PINTURA INDIANA E KHMERIANA: Donzela fazendo massagem em um príncipe. Victoria and Albert Museum, Londres.

PINTURA INDIANA E KHMERIANA: Donzela fazendo massagem em um príncipe. Victoria and Albert Museum, Londres.


A pintura indiana complementou a escultura na decoração de templos e palácios e serviu como veículo de propagação da religião e da história a partir da dinastia Vakataka (século V d. C.), que manteve os princípios estilísticos da dinastia Gupta, anterior a ela: porte colossal, extravagância e colorido. A técnica utilizada era a do afresco combinado com a têmpera, ou seja, pintava-se o desenho básico com a parede úmida, retocando-a depois de seca a superfície. Essa técnica deu origem a graves problemas no que diz respeito à conservação das obras.

PINTURA INDIANA E KHMERIANA: Figura de animais. Museu Topkápi, Istambul.

PINTURA INDIANA E KHMERIANA: Figura de animais. Museu Topkápi, Istambul.


No geral, as representações tendiam para o naturalismo, ainda que fossem influenciadas por uma estética sensual e idealista. Os temas preponderantes eram as cenas da vida do príncipe Buda (o Iluminado), cuja imagem apareceu pela primeira vez nas obras da escola de Gandhara. Antes, fazia-se alusão a ele através de algum símbolo ou do vazio, que era a representação mais completa de seu estado de pureza e santidade. A época do esplendor desse tipo de afresco coincidiu com o período de transição (séculos V a. C. - I a. C.).

PINTURA INDIANA E KHMERIANA: Ganesh ou Ganapati, filho de Shiva e Parvati.

PINTURA INDIANA E KHMERIANA: Ganesh ou Ganapati, filho de Shiva e Parvati.

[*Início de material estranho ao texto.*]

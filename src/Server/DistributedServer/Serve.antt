-- ===== src/Server/DistributedServer/Serve.antt =====
-- The handlers of `DistributedServer` of packages/server/src/distributedServer.ts, with the check of
-- the shared secret before them.
use express_token_revoker.Prelude.{
  ℕ, ◌+◌, Bool, true, false, not, Option, none, some, List, [], ◌∷◌, ◌++◌, if◌then◌else◌,
}
use express_token_revoker.Prelude.Result.{Result, ok, err, validation_error, internal_error}
use express_token_revoker.Prelude.Text.{Text, text_eq}
use express_token_revoker.Server.CanonicalWal.Wal.{Faults, can_serve_from}
use express_token_revoker.Server.Coordinator
use express_token_revoker.Server.Coordinator.{
  Revoker, Coordinator, CallFaults, AddResult, is_valid_item,
}
use express_token_revoker.Server.NodeRegistry.{
  NodeRegistry, NodeEntryView, register_node, list_nodes,
}
use express_token_revoker.Server.Delivery.{StreamEvent, new_connection, to_lsn, poll_deltas}
use express_token_revoker.Server.DistributedServer.{
  DistributedServer, is_valid_id, listening, heard,
}

-- The codes of gRPC that the service answers with.
pub data Status : Type 0 where
  invalid_argument already_exists internal unauthenticated : Status

-- The requests, with the texts of their fields. The reply of a metrics or a snapshot request does
-- not change the server, and is left out.
pub data Request : Type 0 where
  add_request : (node_id item : Text) → Request
  has_request : (item : Text) → Request
  subscribe : (node_id last_lsn : Text) → Request
  poll_request : (node_id from_lsn max_events : Text) → Request
  nodes_request : Request

-- `resnapshot` and `subscribed` are a call of `Subscribe` that ends at once, and one that goes on.
pub data Reply : Type 0 where
  refused : Status → Reply
  added : AddResult → Reply
  exists : Bool → Reply
  page : List StreamEvent → Bool → Reply
  nodes : List NodeEntryView → Reply
  resnapshot : ℕ → Reply
  subscribed : ℕ → Reply

-- `has` of the wrapped revoker
abbrev pub Lookup : Type 0 → Type 0
Lookup R = Text → R → Result Bool × R

module _ {R : Type 0} where
  -- `Add`, from the result of `coordinator.add` on
  abbrev pub answer_add :
      Result AddResult × Coordinator R → DistributedServer R → Reply × DistributedServer R
  answer_add (ok result, c) s = (added result, heard c s)
  answer_add (err validation_error, c) s = (refused invalid_argument, heard c s)
  answer_add (err internal_error, c) s = (refused internal, heard c s)

  unfoldable pub handle_add :
      Revoker R → CallFaults → Text → Text → DistributedServer R → Reply × DistributedServer R
  unfolding is_valid_id Coordinator.add heard
  handle_add revokers faults node_id item s =
      if not (is_valid_id node_id)
      then (refused invalid_argument, s)
      else answer_add (Coordinator.add revokers faults item (listening s.coordinator)) s

  -- `Has`, with `has` of the coordinator
  abbrev pub answer_has : Result Bool × R → DistributedServer R → Reply × DistributedServer R
  answer_has (ok found, r) s =
      (exists found, record s { coordinator = record s.coordinator { revoker = some r } })
  answer_has (err e, r) s =
      (refused internal, record s { coordinator = record s.coordinator { revoker = some r } })

  unfoldable pub handle_has : Lookup R → Text → DistributedServer R → Reply × DistributedServer R
  unfolding is_valid_item
  handle_has lookup item s =
      if not (is_valid_item item)
      then (refused invalid_argument, s)
      else elim s.coordinator.revoker [
        | none ↦ (refused internal, s)
        | some r ↦ answer_has (lookup item r) s
      ]

  -- `Subscribe`, from the registration of the connection on; a stream that is refused is forgotten
  abbrev pub answer_subscribe :
      Text
      → ℕ
      → Result (Unit {0}) × NodeRegistry ℕ
      → DistributedServer R
      → Reply × DistributedServer R
  answer_subscribe id from (err e, registry) s =
      (refused already_exists, record s { registry = registry; calls = s.calls + 1 })
  answer_subscribe id from (ok _, registry) s = (
    subscribed s.calls,
    record s {
      registry = registry;
      connections =
          s.connections
          ++ (record {
            handle = s.calls;
            connection = new_connection id from s.coordinator.meta.generation s.coordinator.wal;
          })
            ∷ [];
      calls = s.calls + 1;
    },
  )

  abbrev pub subscribe_from :
      ℕ → Text → Option ℕ → DistributedServer R → Reply × DistributedServer R
  subscribe_from now id none s = (refused invalid_argument, s)
  subscribe_from now id (some from) s =
      if not (can_serve_from from s.coordinator.wal)
      then (resnapshot s.coordinator.meta.generation, s)
      else answer_subscribe id from (register_node now id s.calls s.registry) s

  unfoldable pub handle_subscribe :
      (Text → Option ℕ) → ℕ → Text → Text → DistributedServer R → Reply × DistributedServer R
  unfolding is_valid_id to_lsn can_serve_from register_node
  handle_subscribe other now id last_lsn s =
      if not (is_valid_id id)
      then (refused invalid_argument, s)
      else subscribe_from now id (to_lsn other last_lsn) s

abbrev pub answer_poll : Result (List StreamEvent × Bool) → Reply
answer_poll (err e) = refused internal
answer_poll (ok (events, more_available)) = page events more_available

module _ {R : Type 0} (other : Text → Option ℕ) where
  abbrev pub poll_from : Faults → Option ℕ → Option ℕ → DistributedServer R → Reply
  poll_from faults none requested s = refused invalid_argument
  poll_from faults (some from) requested s =
      answer_poll
        (poll_deltas other faults from requested s.coordinator.meta.generation s.coordinator.wal)

  unfoldable pub handle_poll : Faults → Text → Text → Text → DistributedServer R → Reply
  unfolding is_valid_id to_lsn poll_deltas
  handle_poll faults id from_lsn max_events s =
      if not (is_valid_id id)
      then refused invalid_argument
      else poll_from faults (to_lsn other from_lsn) (to_lsn other max_events) s

abbrev pub answer_nodes : Result (List NodeEntryView) → Reply
answer_nodes (ok views) = nodes views
answer_nodes (err e) = refused internal

-- `#authMode`, where the other two modes differ only in the credentials
pub data AuthMode : Type 0 where
  insecure with_secret : AuthMode

-- `#authenticate`: whether the call is let through, for a digest of texts
unfoldable pub authenticate : (Text → Text) → Text → Option Text → Bool
unfolding text_eq
authenticate digest secret none = false
authenticate digest secret (some []) = false
authenticate digest secret (some (c ∷ provided)) = text_eq (digest (c ∷ provided)) (digest secret)

-- What is outside the server during one call: the time, what the file system refuses, and the first
-- value of the secret's metadata key.
pub record CallContext : Type 0 where
  pub now : ℕ
  pub faults : CallFaults
  pub metadata : Option Text

module _ {R : Type 0} (revokers : Revoker R) (lookup : Lookup R) (other : Text → Option ℕ) where
  unfoldable pub handle : CallContext → Request → DistributedServer R → Reply × DistributedServer R
  unfolding handle_add handle_has handle_subscribe handle_poll list_nodes
  handle x (add_request node_id item) s = handle_add revokers x.faults node_id item s
  handle x (has_request item) s = handle_has lookup item s
  handle x (subscribe node_id last_lsn) s = handle_subscribe other x.now node_id last_lsn s
  handle x (poll_request node_id from_lsn max_events) s =
      (handle_poll other x.faults.log node_id from_lsn max_events s, s)
  handle x nodes_request s = (answer_nodes (list_nodes s.registry), s)

  -- A handler behind the check
  abbrev pub guarded :
      Bool → CallContext → Request → DistributedServer R → Reply × DistributedServer R
  guarded false x request s = (refused unauthenticated, s)
  guarded true x request s = handle x request s

  unfoldable pub serve :
      (Text → Text)
      → AuthMode
      → Text
      → CallContext
      → Request
      → DistributedServer R
      → Reply × DistributedServer R
  unfolding handle authenticate
  serve digest insecure secret x request s = handle x request s
  serve digest with_secret secret x request s =
      guarded (authenticate digest secret x.metadata) x request s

No caso dos afrescos das famosas cavernas de Ajanta, alguns datam do século II d. C., enquanto outros, mais novos, são do século V, época em que esse tipo de pintura começa a se difundir por toda a Ásia. No início do século X, a prática do afresco cedeu lugar à miniatura, consagrada na Idade Média, tanto no Oriente quanto no Ocidente. Como a pintura era feita sobre folhas de plantas regionais dessecadas e em rolos de papel, faltavam-lhes o colorido e a vivacidade dos afrescos. Essa carência foi suprida com a influência posterior da pintura persa.

Referências bibliográficas

  • ARTE oriental, africana, pré-colombiana e oceânica. Barueri, SP: Videolar Multimídia, [2004]. 1 CD-ROM. (Enciclopédia Caras, 3). (bibliografia completa)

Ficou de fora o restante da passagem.